I've tried CMOS battery and unplugging power as that post says still it won't go on. I'll give it another go later I guess worth another try


----------



## brandonwh64 (Nov 4, 2011)

You best bet if you want to experiment is to goto radio shack and get a bread board with soldering iron and some flux. Then you would make a connector that you can plug the JTAG into.
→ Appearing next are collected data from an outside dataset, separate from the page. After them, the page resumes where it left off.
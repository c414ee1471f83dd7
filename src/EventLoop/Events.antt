-- ===== src/EventLoop/Events.antt =====
-- The handlers of events from a serving state.
use lloogg.Prelude.{
  ℕ, zero, suc, ◌<◌, ◌≡◌, refl, ap, sym, ◌∙◌, All, IsByte, inl, inr, some, List, arith, length,
  subst, Bool, true, false, Bool-cases, Option-cases,
}
use lloogg.Constants.{wbuf_size, IsCompiledN}
use lloogg.Outcome.{Outcome, done, waits}
use lloogg.HashMap.{lookup, insert, All-lookup}
use lloogg.Aof.{Writes}
use lloogg.Connection.{Connection, State, read_header, read_payload, process, write_response}
use lloogg.EventLoop.{
  EventLoop, Sockets, Ended, waits, leaves, closes, fails, is_process, is_write_response,
  write_loop,
}
use lloogg.EventLoop.Dispatch.{handle_close}
use lloogg.EventLoop.Handlers.{read_ended, handle_read, write_ended, handle_write}
use lloogg.EventLoop.Open.{IsAt, IsOpen}
use lloogg.EventLoop.Receive.{IsBounded, IsEnded, read_loop_lem}
use lloogg.EventLoop.Send.{IsStream, IsSending, IsSent, write_loop_lem}
use lloogg.EventLoop.Serving.{IsServing, IsHandled, AreOpen, insert-AreOpen, remove-AreOpen}
use lloogg.EventLoop.Process.{process_command-IsHandled}

-- A connection that is being sent to stays open however the loop ends.
waiting-IsOpen :
    {room : ℕ} {conn next : Connection}
    → IsOpen room conn
    → IsSending next
    → next.rbuf ≡ conn.rbuf
    → next.wbuf ≡ conn.wbuf
    → IsOpen room next
waiting-IsOpen i s rbuf_eq wbuf_eq = record {
  size = ap length rbuf_eq ∙ i.size;
  room_eq = ap length wbuf_eq ∙ i.room_eq;
  bytes = subst (All IsByte) (sym rbuf_eq) i.bytes;
  at = rw s.state (s.more, s.fits);
}

sent-IsOpen :
    {room : ℕ} {conn next : Connection}
    → IsOpen room conn
    → next.state ≡ read_header
    → next.rbuf_pos ≡ 0
    → next.rbuf ≡ conn.rbuf
    → next.wbuf ≡ conn.wbuf
    → IsOpen room next
sent-IsOpen i state pos rbuf_eq wbuf_eq = record {
  size = ap length rbuf_eq ∙ i.size;
  room_eq = ap length wbuf_eq ∙ i.room_eq;
  bytes = subst (All IsByte) (sym rbuf_eq) i.bytes;
  at = rw state (omega (arith, pos));
}

is_write_response-state : (s : State) → is_write_response s ≡ true → s ≡ write_response
is_write_response-state read_header e = absurd (cc)
is_write_response-state read_payload e = absurd (cc)
is_write_response-state process e = absurd (cc)
is_write_response-state write_response e = refl

write_loop-idle :
    {S : Type 0} (sockets : Sockets S) (fuel : ℕ) (net : S) (fd : ℕ) (conn : Connection)
    → 0 < fuel
    → is_write_response conn.state ≡ false
    → write_loop sockets fuel net fd conn ≡ some (leaves conn, net)
unfolding write_loop
write_loop-idle sockets zero net fd conn h e = absurd (omega arith)
write_loop-idle sockets (suc fuel) net fd conn h e = rw (e, write_loop)

module _ {S : Type 0} {slots n : ℕ} where
  -- New connections and a new state of the kernel.
  with_connections :
      {l l' : EventLoop S}
      → IsServing slots n l
      → AreOpen (wbuf_size n) l'.connections
      → l' ≡ record l { connections = l'.connections; net = l'.net; calls = l'.calls }
      → IsServing slots n l'
  with_connections {l} {l'} h all_open same = rw same (record {
    store = h.store;
    capacity = h.capacity;
    aof = h.aof;
    connections = all_open;
    candidates_in = h.candidates_in;
    expired_out = h.expired_out;
  })

  handle_close-IsServing :
      (fd : ℕ) (l : EventLoop S) → IsServing slots n l → IsServing slots n (handle_close fd l)
  unfolding handle_close
  handle_close-IsServing fd l h =
      with_connections h (remove-AreOpen (wbuf_size n) fd l.connections h.connections) refl

  pub kept-IsServing :
      (fd : ℕ) (conn : Connection) (net : S) (l : EventLoop S)
      → IsServing slots n l
      → IsOpen (wbuf_size n) conn
      → IsServing slots n (record l { connections = insert fd conn l.connections; net = net })
  kept-IsServing fd conn net l h i =
      with_connections h (insert-AreOpen (wbuf_size n) fd conn l.connections i h.connections) refl

module _ {S : Type 0} {slots n : ℕ} (c : IsCompiledN n) (sockets : Sockets S) where
  read_ended-IsHandled :
      (writes : Writes) (now fd : ℕ) (l : EventLoop S) (ended : Ended) (net : S)
      → IsServing slots n l
      → IsEnded (wbuf_size n) ended
      → IsHandled slots n l (read_ended sockets n writes now fd l (ended, net))
  unfolding read_ended
  read_ended-IsHandled writes now fd l (waits conn) net h e = kept-IsServing fd conn net l h e
  read_ended-IsHandled writes now fd l (leaves conn) net h e =
      elim (Bool-cases (is_process conn.state)) [
        | inl complete ↦ rw complete (
            process_command-IsHandled c writes now fd
              (record l { connections = insert fd conn l.connections; net = net })
              (kept-IsServing fd conn net l h e.0))
        | inr partial ↦ rw partial (kept-IsServing fd conn net l h e.0)
      ]
  read_ended-IsHandled writes now fd l closes net h e =
      handle_close-IsServing fd (record l { net = net }) (with_connections h h.connections refl)
  read_ended-IsHandled writes now fd l fails net h e = absurd (omega arith)

  pub handle_read-IsHandled :
      (writes : Writes) (now fd : ℕ) (l : EventLoop S)
      → IsBounded sockets
      → IsServing slots n l
      → (o : Outcome (EventLoop S)) × (handle_read sockets 27 n writes now fd l ≡ some o)
        × IsHandled slots n l o
  unfolding handle_read
  handle_read-IsHandled writes now fd l b h = elim (Option-cases (lookup fd l.connections)) [
    | inl absent ↦ (done l, rw (handle_read, absent), h)
    | inr (conn, found) ↦
        let i : IsOpen (wbuf_size n) conn =
          All-lookup (IsOpen (wbuf_size n)) fd l.connections h.connections found in
        let (ended, net, ran, e) = read_loop_lem sockets 27 l.net fd conn b i (omega arith) in
        (
          read_ended sockets n writes now fd l (ended, net),
          rw (handle_read, found, ran),
          read_ended-IsHandled writes now fd l ended net h e,
        )
  ]

  write_ended-IsHandled :
      (fd : ℕ) (l : EventLoop S) (conn : Connection) (was_sending : Bool) (delivered : S → List ℕ)
      (all : List ℕ) (ended : Ended) (net : S)
      → IsServing slots n l
      → IsOpen (wbuf_size n) conn
      → IsSent delivered all conn.rbuf conn.wbuf ended net
      → IsHandled slots n l (write_ended sockets fd l was_sending (ended, net))
  unfolding write_ended
  write_ended-IsHandled fd l conn was_sending delivered all (waits next) net h i e =
      kept-IsServing fd next net l h (waiting-IsOpen i e.0 e.2 e.3)
  write_ended-IsHandled fd l conn was_sending delivered all (leaves next) net h i e =
      with_connections h
        (insert-AreOpen (wbuf_size n) fd next l.connections (sent-IsOpen i e.1 e.2 e.3 e.4)
          h.connections)
        refl
  write_ended-IsHandled fd l conn was_sending delivered all closes net h i e =
      handle_close-IsServing fd (record l { net = net }) (with_connections h h.connections refl)
  write_ended-IsHandled fd l conn was_sending delivered all fails net h i e = absurd (omega arith)

  pub handle_write-IsHandled :
      (fd : ℕ) (l : EventLoop S) (delivered : S → List ℕ)
      → IsStream sockets fd delivered
      → IsServing slots n l
      → (o : Outcome (EventLoop S)) × (handle_write sockets (wbuf_size n) fd l ≡ some o)
        × IsHandled slots n l o
  unfolding handle_write
  handle_write-IsHandled fd l delivered d h = elim (Option-cases (lookup fd l.connections)) [
    | inl absent ↦ (done l, rw (handle_write, absent), h)
    | inr (conn, found) ↦
        let i : IsOpen (wbuf_size n) conn =
          All-lookup (IsOpen (wbuf_size n)) fd l.connections h.connections found in
        elim (Bool-cases (is_write_response conn.state)) [
          | inr idle ↦
              let ran = write_loop-idle sockets (wbuf_size n) l.net fd conn (omega arith) idle in
              (
                done (record l { connections = insert fd conn l.connections }),
                rw (handle_write, found, ran, idle, write_ended),
                kept-IsServing fd conn l.net l h i,
              )
          | inl sending ↦
              let state = is_write_response-state conn.state sending in
              let at : IsAt write_response conn = subst (λ s. IsAt s conn) state i.at in
              let (ended, net, ran, e) =
                write_loop_lem sockets (wbuf_size n) l.net fd delivered conn d
                  (record { state = state; more = at.0; fits = at.1 }) refl
                  (omega (arith, at.1, i.room_eq)) in
              (
                write_ended sockets fd l (is_write_response conn.state) (ended, net),
                rw (handle_write, found, ran),
                write_ended-IsHandled fd l conn (is_write_response conn.state) delivered _ ended net
                    h i e,
              )
        ]
  ]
I also found this, it shows how to setup JTAG

http://www.ocztechnologyforum.com/f...8476-Vertex-II-120GB-Debug-Port-(Serial-JTAG)


----------



## unknown26man (Nov 4, 2011)

I'll probs need help getting the OCZ vertex 2 firmware file and getting jtag device software to communicate with the chip on the SSD

I can confirm that the Sandforce controller stores the firmware. Apparently it will be hard to hack. If anyone can get any data sheets or any info on this controller I would be greatful

Sandforce chips are encrypted and they go out of their way to prevent people from stealing the technology. SF-1200 series sandforce chips have a sleep/standby problem they lock themselves in some panic mode so not even a motherboard bios will detect it.
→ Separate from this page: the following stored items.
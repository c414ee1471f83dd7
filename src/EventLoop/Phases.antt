-- ===== src/EventLoop/Phases.antt =====
-- New connections, and the calls of a round before its events, from a serving state.
use lloogg.Prelude.{ℕ, suc, Bool, ◌≡◌, refl, ◌∙◌, Option, some, List, [], ◌∷◌, arith}
use lloogg.Constants.{expired_keys_cap, wbuf_size}
use lloogg.Memory.{Memory, length-read}
use lloogg.Ring.{RingBuffer}
use lloogg.HashMap.{HashMap}
use lloogg.Connection
use lloogg.Connection.{Connection}
use lloogg.Ttl.Keep.{drain_expired_keys-IsValid, collect-IsQueue}
use lloogg.EventLoop.{EventLoop}
use lloogg.EventLoop.Accept.{accept_one, accept_connections}
use lloogg.EventLoop.Open.{IsOpen}
use lloogg.EventLoop.Serving.{IsServing, insert-AreOpen}
use lloogg.EventLoop.Tick.{Tick, drain_phase, collect_phase, fork_phase, prepare}

new-IsOpen : (n : ℕ) (uninit : Memory) (fd : ℕ) → IsOpen (wbuf_size n) (Connection.new n uninit fd)
unfolding Connection.new
new-IsOpen n uninit fd = record {
  size = refl;
  room_eq = length-read uninit 0 (wbuf_size n);
  bytes = omega arith;
  at = omega arith;
}

module _ {S : Type 0} {slots n : ℕ} where
  accept_one-IsServing :
      (uninit : Memory) (fd : ℕ) (l : EventLoop S)
      → IsServing slots n l
      → IsServing slots n (accept_one n uninit fd l)
  unfolding accept_one
  accept_one-IsServing uninit fd l h = record {
    store = h.store;
    capacity = h.capacity;
    aof = h.aof;
    connections =
        insert-AreOpen (wbuf_size n) fd (Connection.new n uninit fd) l.connections
          (new-IsOpen n uninit fd) h.connections;
    candidates_in = h.candidates_in;
    expired_out = h.expired_out;
  }

  pub accept_connections-IsServing :
      (fds : List (ℕ × Memory)) (l : EventLoop S)
      → IsServing slots n l
      → IsServing slots n (accept_connections n fds l)
  unfolding accept_connections
  accept_connections-IsServing [] l h = h
  accept_connections-IsServing ((fd, uninit) ∷ fds) l h =
      accept_connections-IsServing fds (accept_one n uninit fd l)
        (accept_one-IsServing uninit fd l h)

  pub drain_phase-IsServing :
      (l : EventLoop S)
      → IsServing slots n l
      → (l' : EventLoop S) × (drain_phase l ≡ some l') × IsServing slots n l'
  unfolding drain_phase
  drain_phase-IsServing l h =
      let (q', s', ran, kept, valid, same) =
        drain_expired_keys-IsValid (suc expired_keys_cap) l.expired_out l.store h.expired_out
          h.store (omega (arith, h.expired_out.room)) in
      (
        record l { expired_out = q'; store = s' },
        rw (drain_phase, ran),
        record {
          store = valid;
          capacity = same ∙ h.capacity;
          aof = h.aof;
          connections = h.connections;
          candidates_in = h.candidates_in;
          expired_out = kept;
        },
      )

  pub collect_phase-IsServing :
      (now : ℕ) (order : HashMap RingBuffer) (l : EventLoop S)
      → IsServing slots n l
      → IsServing slots n (collect_phase now order l)
  unfolding collect_phase
  collect_phase-IsServing now order l h = record {
    store = h.store;
    capacity = h.capacity;
    aof = h.aof;
    connections = h.connections;
    candidates_in = collect-IsQueue now l.last_ttl_collect order l.candidates_in h.candidates_in;
    expired_out = h.expired_out;
  }

  pub fork_phase-IsServing :
      (now : ℕ) (running : ℕ → Bool) (result : Option ℕ) (l : EventLoop S)
      → IsServing slots n l
      → IsServing slots n (fork_phase now running result l)
  unfolding fork_phase
  fork_phase-IsServing now running result l h = record {
    store = h.store;
    capacity = h.capacity;
    aof = h.aof;
    connections = h.connections;
    candidates_in = h.candidates_in;
    expired_out = h.expired_out;
  }

  pub prepare-IsServing :
      (t : Tick) (l : EventLoop S)
      → IsServing slots n l
      → (l' : EventLoop S) × (prepare t l ≡ some l') × IsServing slots n l'
  unfolding prepare
  prepare-IsServing t l h =
      let (drained, ran, h') = drain_phase-IsServing l h in
      (
        fork_phase t.fork_now t.running t.fork (collect_phase t.collect_now t.order drained),
        rw (prepare, ran),
        fork_phase-IsServing t.fork_now t.running t.fork
            (collect_phase t.collect_now t.order drained)
            (collect_phase-IsServing t.collect_now t.order drained h'),
      )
Reason why they haven't given a solution to debrick the chip is because they don't want anyone taking the technology and having the ability to reset the chip to a working state


----------



## unknown26man (Nov 19, 2011)

I guess sandforce hacking requires a person with really high skill


----------



## Bo$$ (Nov 19, 2011)

this was on the OCZ forum, it might help:

1. Switch off System.
2. Turn off the PSU, remove Power cord from outlet.
3. Disconnect the LE and all other drives.
4. Remove CMOS Battery.
5. Press PC case power button for 20 seconds to discharge capacitors.
6. Short the CLR CMOS jumper and leave all to 'drain' for about 30 minutes.
7. Reset jumper/Re-insert the Battery
8. Attach power/turn on PSU and configure CMOS to safe Defaults and set:
a. AHCI SATA mode.
b. Any CMOS Hot Plug/External SATA settings [DISABLED] on the LE port.
9. Save CMOS settings, re-boot to CMOS.
10. Connect the LE back to SATA port 0/1 via a Hot Insert/Plug/Connect the SSD while in CMOS, by placing SATA Power lead on first, then SATA signal Cable.
Then save CMOS and re-boot back into to CMOS to check if SSD is detected.
a. (At this stage, only the SSD on SATA port 0/1 and CD/DVD drives SATA port 4/5 should be attached).
11. Put the Bootable Tools CD in it’s drive, change Boot Order to CD/DVD first and Boot to it.
a. Secure Erase the SSD
b. Force Flash the latest Firmware.
c. Power down the system, remove power to the drive for 1 minute, reconnect the drive and power on.


----------



## unknown26man (Dec 1, 2011)

Still haven't found a fix. George hotz should have a play. If someone could somehow give him the message. Too many people with undetectable SSD. I got mine sitting in my room I want to use it again please someone spend some time trying to recover a ssd


----------



## cadaveca (Dec 1, 2011)

Really, when stuff liek this happens, you should RMA. If you vioded your warranty(obviously by removing the casing, you have no warranty), you might just be SOL.


----------



## dhdude (Dec 1, 2011)

I had mine freeze up a few months ago, after which the bios would only recognise it like one in every 10 attempts, and was still unbootable. I managed to install windows to another drive and kept rebooting till the bios recognised it. Once I flashed the firmware with the latest version, I had to format it to get it to boot,  but its been fine since... havent had the problem since then. Does your bios not recognise it on any attempts at all?


----------



## unknown26man (Dec 1, 2011)

Well I'm learning c language at the moment. Then I'm going to learning how to program development boards. And maybe work with a bread board. Going to take at least two years experience though


----------



## unknown26man (Dec 1, 2011)

I've at least tried 20 times unplugging and plugging in still no recognition


----------